The president of the Karolinska Institutet (KI) is frustrated.
At the beginning of the year, Ole Petter Ottersen informed a journal that one of its papers — co-authored by former superstar Paolo Macchiarini — had been tainted by misconduct. But the journal declined to retract it.
Despite the fact that KI had conducted its own investigation into the integrity of the paper, the journal Respiration argued that it was “not in a position to make a judgement on whether or not to retract this article.” Instead, it proposed publishing KI’s argument for why the paper should be retracted, along with a rebuttal from the authors.
To Ottersen, this is just wrong. Yesterday, he posted some of his correspondence with the journal, which includes his request for retraction, the journal’s response, and his rebuttal. Ottersen’s blog post concludes:
I am both surprised and disappointed with the journal’s response. This is an article based on unethical research that has caused unnecessary suffering for a severely injured patient. The paper has to be withdrawn.
As I see it, editors of medical journals have a collective responsibility for the integrity of the published record. When notified of ethical breaches they have an imperative to act, and when faced with a formal decision on scientific misconduct they should ensure that the paper be retracted or removed. Failure to respond will undermine trust in medical publishing and in medical research at large. In the case at hand the reader will not even find an expression of concern.
“We do not want to patronize the readers”
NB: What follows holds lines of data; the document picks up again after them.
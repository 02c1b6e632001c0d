-- ===== src/Tests/Streams.antt =====
-- A message on its way: in the stream, over several reads, and out of the socket.
use they_chat.Base.{ℕ, ◌≤◌, ◌≡◌, refl, sym, ap, ◌∙◌, List, [], ◌∷◌, ◌++◌, length, replicate, arith}
use they_chat.Bytes.{little, store, digits}
use they_chat.Message.{Message, Payload, message_code, payload_type}
use they_chat.Message.IsMessage.{IsMessage, payload_length}
use they_chat.MessageSerializer.Wire.{wire, header_bytes, payload_bytes}
use they_chat.NetStream.{NetworkStream, init_net_stream, popped, incomplete, stream_pop_message}
use they_chat.NetStream.Laws.{
  IsStream, content, init_net_stream-IsStream, stream_pop_message-popped,
  stream_pop_message-incomplete,
}
use they_chat.NetPrimitives.{NetEvent, SendEvent}
use they_chat.NetPrimitives.Laws.{bytes}
use they_chat.NetCommunication.{done, send_message, wait_for_message}
use they_chat.NetCommunication.Wait.{Delivers, wait_for_message-Delivers}
use they_chat.NetCommunication.Send.{Sends, send_message-Sends, send_message-done}

abbrev two_clients : Message
two_clients = record { net_payload_length = 1; payload = Payload.connected_clients 2 }

two_clients_valid : IsMessage two_clients
unfolding payload_length
two_clients_valid = record { payload_valid = omega arith; length_valid = refl }

abbrev two_clients_bytes : List ℕ
two_clients_bytes = 0 ∷ 0 ∷ 0 ∷ 9 ∷ 0 ∷ 0 ∷ 0 ∷ 1 ∷ 2 ∷ []

two_clients-wire : wire two_clients ≡ two_clients_bytes
unfolding wire header_bytes payload_bytes payload_type message_code store digits
two_clients-wire = refl

-- The message, and a first byte of the next one.
abbrev full_stream : NetworkStream
full_stream = record { stream = two_clients_bytes ++ 7 ∷ replicate 2038 0; written_bytes = 10 }

full_stream_valid : IsStream full_stream
full_stream_valid = record { whole = refl; within = omega arith }

full_stream_content : content full_stream ≡ wire two_clients ++ 7 ∷ []
unfolding content
full_stream_content = ap (λ b. b ++ 7 ∷ []) (sym two_clients-wire)

stream_pop_message-popped_example :
    (ns : NetworkStream) × (stream_pop_message little full_stream ≡ popped two_clients ns)
    × IsStream ns
    × (content ns ≡ 7 ∷ [])
stream_pop_message-popped_example =
    stream_pop_message-popped little full_stream full_stream_valid two_clients (7 ∷ [])
      two_clients_valid (omega arith) full_stream_content

-- Nine bytes would be needed, eight are there.
abbrev short_stream : NetworkStream
short_stream = record { stream = two_clients_bytes ++ 7 ∷ replicate 2038 0; written_bytes = 8 }

short_stream_valid : IsStream short_stream
short_stream_valid = record { whole = refl; within = omega arith }

short_stream_content : content short_stream ++ 2 ∷ 7 ∷ [] ≡ wire two_clients ++ 7 ∷ []
unfolding content
short_stream_content = ap (λ b. b ++ 7 ∷ []) (sym two_clients-wire)

stream_pop_message-incomplete_example : stream_pop_message little short_stream ≡ incomplete
stream_pop_message-incomplete_example =
    stream_pop_message-incomplete little short_stream short_stream_valid two_clients (7 ∷ [])
      two_clients_valid (omega arith) (2 ∷ 7 ∷ []) short_stream_content (omega arith)

-- Three bytes, a time-out, and the rest with the first byte of the next message.
abbrev pieces : List NetEvent
pieces =
    NetEvent.arrived 0 (0 ∷ 0 ∷ [])
    ∷ NetEvent.timed_out
    ∷ NetEvent.arrived 9 (0 ∷ 0 ∷ 0 ∷ 1 ∷ 2 ∷ 7 ∷ [])
    ∷ []

pieces-wire : content init_net_stream ++ bytes pieces ≡ wire two_clients ++ 7 ∷ []
pieces-wire =
    ap (λ b. b ++ bytes pieces) init_net_stream-IsStream.1
    ∙ ap (λ b. b ++ 7 ∷ []) (sym two_clients-wire)

wait_for_message-Delivers_example :
    Delivers (wait_for_message little init_net_stream pieces) two_clients (7 ∷ [])
wait_for_message-Delivers_example =
    wait_for_message-Delivers little two_clients (7 ∷ []) two_clients_valid (omega arith)
      init_net_stream pieces init_net_stream-IsStream.0 tt pieces-wire

-- The kernel takes four bytes, then fails.
abbrev failing : List SendEvent
failing = SendEvent.room 4 ∷ SendEvent.send_failed ∷ []

send_message-Sends_example : Sends (wire two_clients) (send_message little two_clients failing)
send_message-Sends_example = send_message-Sends little two_clients failing two_clients_valid tt

abbrev steady : List SendEvent
steady = replicate 9 (SendEvent.room 2)

two_clients-length : length (wire two_clients) ≤ length steady
two_clients-length = omega (arith, ap length two_clients-wire)

send_message-done_example : send_message little two_clients steady ≡ done (wire two_clients)
send_message-done_example =
    send_message-done little two_clients steady two_clients_valid tt (ground arith)
      two_clients-length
For years, KI has been investigating the impact of Macchiarini, who was dismissed from KI in 2016; investigations have concluded that he was guilty of misconduct in multiple papers. (Check out our timeline for more details.) Earlier this year, KI concluded that Macchiarini and three of his coauthors had committed misconduct in a 2015 paper in Respiration. But more than five months later, the paper has not been retracted, nor flagged with an expression of concern.
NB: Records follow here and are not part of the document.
-- ===== src/Tests/Strings.antt =====
-- A list of strings, from one host to another.
use they_chat.Base.{ℕ, zero, suc, ◌≡◌, ap, List, [], ◌∷◌, ◌++◌, All, replicate, arith}
use they_chat.Bytes.{little, big, store, digits}
use they_chat.Message.{message_code, payload_type}
use they_chat.Message.Create.{create_seq_start_msg, create_seq_end_msg, create_heap_seq_msg}
use they_chat.MessageSerializer.Wire.{wire, header_bytes, payload_bytes}
use they_chat.NetStream.{init_net_stream}
use they_chat.NetStream.Laws.{content, init_net_stream-IsStream}
use they_chat.NetPrimitives.{NetEvent, SendEvent}
use they_chat.NetPrimitives.Laws.{bytes}
use they_chat.NetCommunication.{done}
use they_chat.NetCommunication.Send.{Steady, Serves}
use they_chat.StringListTransferring.{send_string_list, receive_string_list}
use they_chat.StringListTransferring.Laws.{
  FitsMessage, list_wire, strings_wire, send_string_list-done,
}
use they_chat.StringListTransferring.Receive.{Completes, receive_string_list-send_string_list}

abbrev names : List (List ℕ)
names = (65 ∷ []) ∷ []

names_fit : All FitsMessage names
names_fit = ground arith

abbrev steady : List SendEvent
steady = replicate 1024 (SendEvent.room 3)

replicate-Steady : (n : ℕ) → Steady (replicate n (SendEvent.room 3))
replicate-Steady zero = tt
replicate-Steady (suc n) = (omega arith, replicate-Steady n)

steady-Serves : Serves steady
steady-Serves = (replicate-Steady 1024, omega arith)

all_sent : send_string_list big names (λ k. steady) ≡ done (list_wire names)
all_sent = send_string_list-done big names (λ k. steady) names_fit (λ k. steady-Serves)

-- The start, the string and the end, in three pieces, and a byte that follows.
abbrev pieces : List NetEvent
pieces =
    NetEvent.arrived 0 (0 ∷ 0 ∷ 12 ∷ 0 ∷ 0 ∷ 0 ∷ 0 ∷ 0 ∷ 0 ∷ [])
    ∷ NetEvent.arrived 0 (14 ∷ 0 ∷ 0 ∷ 0 ∷ 2 ∷ 65 ∷ [])
    ∷ NetEvent.timed_out
    ∷ NetEvent.arrived 0 (0 ∷ 0 ∷ 0 ∷ 13 ∷ 0 ∷ 0 ∷ 0 ∷ 0 ∷ 7 ∷ [])
    ∷ []

pieces-wire : content init_net_stream ++ bytes pieces ≡ list_wire names ++ 7 ∷ []
unfolding list_wire strings_wire wire header_bytes payload_bytes payload_type message_code store
    digits create_seq_start_msg create_seq_end_msg create_heap_seq_msg
pieces-wire = ap (λ b. b ++ bytes pieces) init_net_stream-IsStream.1

receive_string_list-send_string_list_example :
    Completes
      (receive_string_list 2 little ((66 ∷ []) ∷ []) init_net_stream pieces)
      ((66 ∷ []) ∷ (65 ∷ []) ∷ [])
      (7 ∷ [])
receive_string_list-send_string_list_example =
    receive_string_list-send_string_list big little names ((66 ∷ []) ∷ []) (λ k. steady)
      (list_wire names) (7 ∷ []) init_net_stream pieces names_fit all_sent
      init_net_stream-IsStream.0 tt pieces-wire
“Autologous Peripheral Blood Mononuclear Cells as Treatment in Refractory Acute Respiratory Distress Syndrome” has been cited twice since it was published in 2015, according to Clarivate Analytics’ Web of Science.
Journals are often criticized for taking too long to act on allegations about research — or failing to do so altogether. Sometimes, that’s because they’re waiting for institutions to complete their investigations. But that’s not the case here, as Ottersen notes in his blog:
Despite a number of notifications, the journal has failed to retract the article in question – an article that may negatively impact clinical practice and cause human suffering. This is why I now choose to publish parts of the dialogue that I have had with the Journal’s editor.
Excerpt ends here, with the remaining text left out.